## [PROBLEM DETAILS]
Produce all the records again exactly as they stand.

[[ LISTED RECORDS open ]]

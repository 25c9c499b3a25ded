-- ===== src/Specs/Source.antt =====
-- cli/internal/specs/v0/source.go. A pointer is an `Option`, and a nil map is `none`.
use cloudquery_fork4devin.Base.{
  Bool, true, false, ◌&&◌, not, String, List, [], ◌∷◌, ◌++◌, Option, none, some, Dict, contains,
  length, get_elem?, is_empty, has_prefix, split, ltb, if◌then◌else◌,
}
use cloudquery_fork4devin.Base.Json
use cloudquery_fork4devin.Base.Json.{Object}
use cloudquery_fork4devin.Specs.Metadata
use cloudquery_fork4devin.Specs.Metadata.{Metadata, MetadataError}

pub record BackendOptions : Type 0 where
  pub table_name : String
  pub connection : String

-- `PluginName`. `none` is the panic of an index out of range.
unfoldable pub plugin_name : Option BackendOptions → Option String
plugin_name none = some ""
plugin_name (some b) =
    if not (has_prefix b.connection "@@plugins.")
    then some ""
    else get_elem? (split b'.' b.connection) 1

pub record Source : Type 0 where
  pub metadata : Metadata
  pub open metadata use *
  pub tables : List String
  pub skip_tables : List String
  pub skip_dependent_tables : Option Bool
  pub destinations : List String
  pub backend_options : Option BackendOptions
  pub spec : Option Object
  pub deterministic_cq_id : Bool
  pub otel_endpoint : String
  pub otel_endpoint_insecure : Bool

is_set : Option Bool → Bool
is_set none = false
is_set (some b) = b

-- `GetWarnings`, in the order in which the code fills the map.
unfoldable pub get_warnings : Source → Dict String
unfolding is_set
get_warnings s =
    (if is_set s.skip_dependent_tables && contains s.tables "*"
      then (
        "skip_dependent_tables",
        "the `skip_dependent_tables` option is ineffective when used with '*' `tables`",
      )
        ∷ []
      else [])
    ++ (if contains s.tables "*" && ltb 1 (length s.tables)
        then (
          "all_tables_with_more_tables",
          "`tables` option contains '*' as well as other tables. '*' will match all tables",
        )
          ∷ []
        else [])

abbrev or_make {ℓ} : {A : Type ℓ} → A → Option A → Option A
or_make a none = some a
or_make a (some b) = some b

unfoldable pub set_defaults : Source → Source
unfolding Metadata.set_defaults
set_defaults s = record s {
  metadata = Metadata.set_defaults s.metadata;
  spec = or_make Json.empty s.spec;
  skip_dependent_tables = or_make true s.skip_dependent_tables;
}

pub data SourceError : Type 0 where
  metadata_error : MetadataError → SourceError
  tables_required destination_required : SourceError

-- The checks of `Validate` after those of the metadata.
abbrev pub validate_lists : Bool → Source → Option SourceError
validate_lists relaxed s =
    if is_empty s.tables
    then some tables_required
    else if not relaxed && is_empty s.destinations
    then some destination_required
    else none

unfoldable pub validate : Bool → Source → Option SourceError
unfolding Metadata.validate
validate relaxed s = elim (Metadata.validate s.metadata) [
  | some e ↦ some (metadata_error e)
  | none ↦ validate_lists relaxed s
]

[[ LISTED RECORDS closed ]]

## [RESPONSE FOR THIS EXERCISE]
repository 25c9c499b3a25ded
-- ===== src/Specs/Source.antt =====
-- cli/internal/specs/v0/source.go. A pointer is an `Option`, and a nil map is `none`.
use cloudquery_fork4devin.Base.{
  Bool, true, false, ◌&&◌, not, String, List, [], ◌∷◌, ◌++◌, Option, none, some, Dict, contains,
  length, get_elem?, is_empty, has_prefix, split, ltb, if◌then◌else◌,
}
use cloudquery_fork4devin.Base.Json
use cloudquery_fork4devin.Base.Json.{Object}
use cloudquery_fork4devin.Specs.Metadata
use cloudquery_fork4devin.Specs.Metadata.{Metadata, MetadataError}

pub record BackendOptions : Type 0 where
  pub table_name : String
  pub connection : String

-- `PluginName`. `none` is the panic of an index out of range.
unfoldable pub plugin_name : Option BackendOptions → Option String
plugin_name none = some ""
plugin_name (some b) =
    if not (has_prefix b.connection "@@plugins.")
    then some ""
    else get_elem? (split b'.' b.connection) 1

pub record Source : Type 0 where
  pub metadata : Metadata
  pub open metadata use *
  pub tables : List String
  pub skip_tables : List String
  pub skip_dependent_tables : Option Bool
  pub destinations : List String
  pub backend_options : Option BackendOptions
  pub spec : Option Object
  pub deterministic_cq_id : Bool
  pub otel_endpoint : String
  pub otel_endpoint_insecure : Bool

is_set : Option Bool → Bool
is_set none = false
is_set (some b) = b

-- `GetWarnings`, in the order in which the code fills the map.
unfoldable pub get_warnings : Source → Dict String
unfolding is_set
get_warnings s =
    (if is_set s.skip_dependent_tables && contains s.tables "*"
      then (
        "skip_dependent_tables",
        "the `skip_dependent_tables` option is ineffective when used with '*' `tables`",
      )
        ∷ []
      else [])
    ++ (if contains s.tables "*" && ltb 1 (length s.tables)
        then (
          "all_tables_with_more_tables",
          "`tables` option contains '*' as well as other tables. '*' will match all tables",
        )
          ∷ []
        else [])

abbrev or_make {ℓ} : {A : Type ℓ} → A → Option A → Option A
or_make a none = some a
or_make a (some b) = some b

unfoldable pub set_defaults : Source → Source
unfolding Metadata.set_defaults
set_defaults s = record s {
  metadata = Metadata.set_defaults s.metadata;
  spec = or_make Json.empty s.spec;
  skip_dependent_tables = or_make true s.skip_dependent_tables;
}

pub data SourceError : Type 0 where
  metadata_error : MetadataError → SourceError
  tables_required destination_required : SourceError

-- The checks of `Validate` after those of the metadata.
abbrev pub validate_lists : Bool → Source → Option SourceError
validate_lists relaxed s =
    if is_empty s.tables
    then some tables_required
    else if not relaxed && is_empty s.destinations
    then some destination_required
    else none

unfoldable pub validate : Bool → Source → Option SourceError
unfolding Metadata.validate
validate relaxed s = elim (Metadata.validate s.metadata) [
  | some e ↦ some (metadata_error e)
  | none ↦ validate_lists relaxed s
]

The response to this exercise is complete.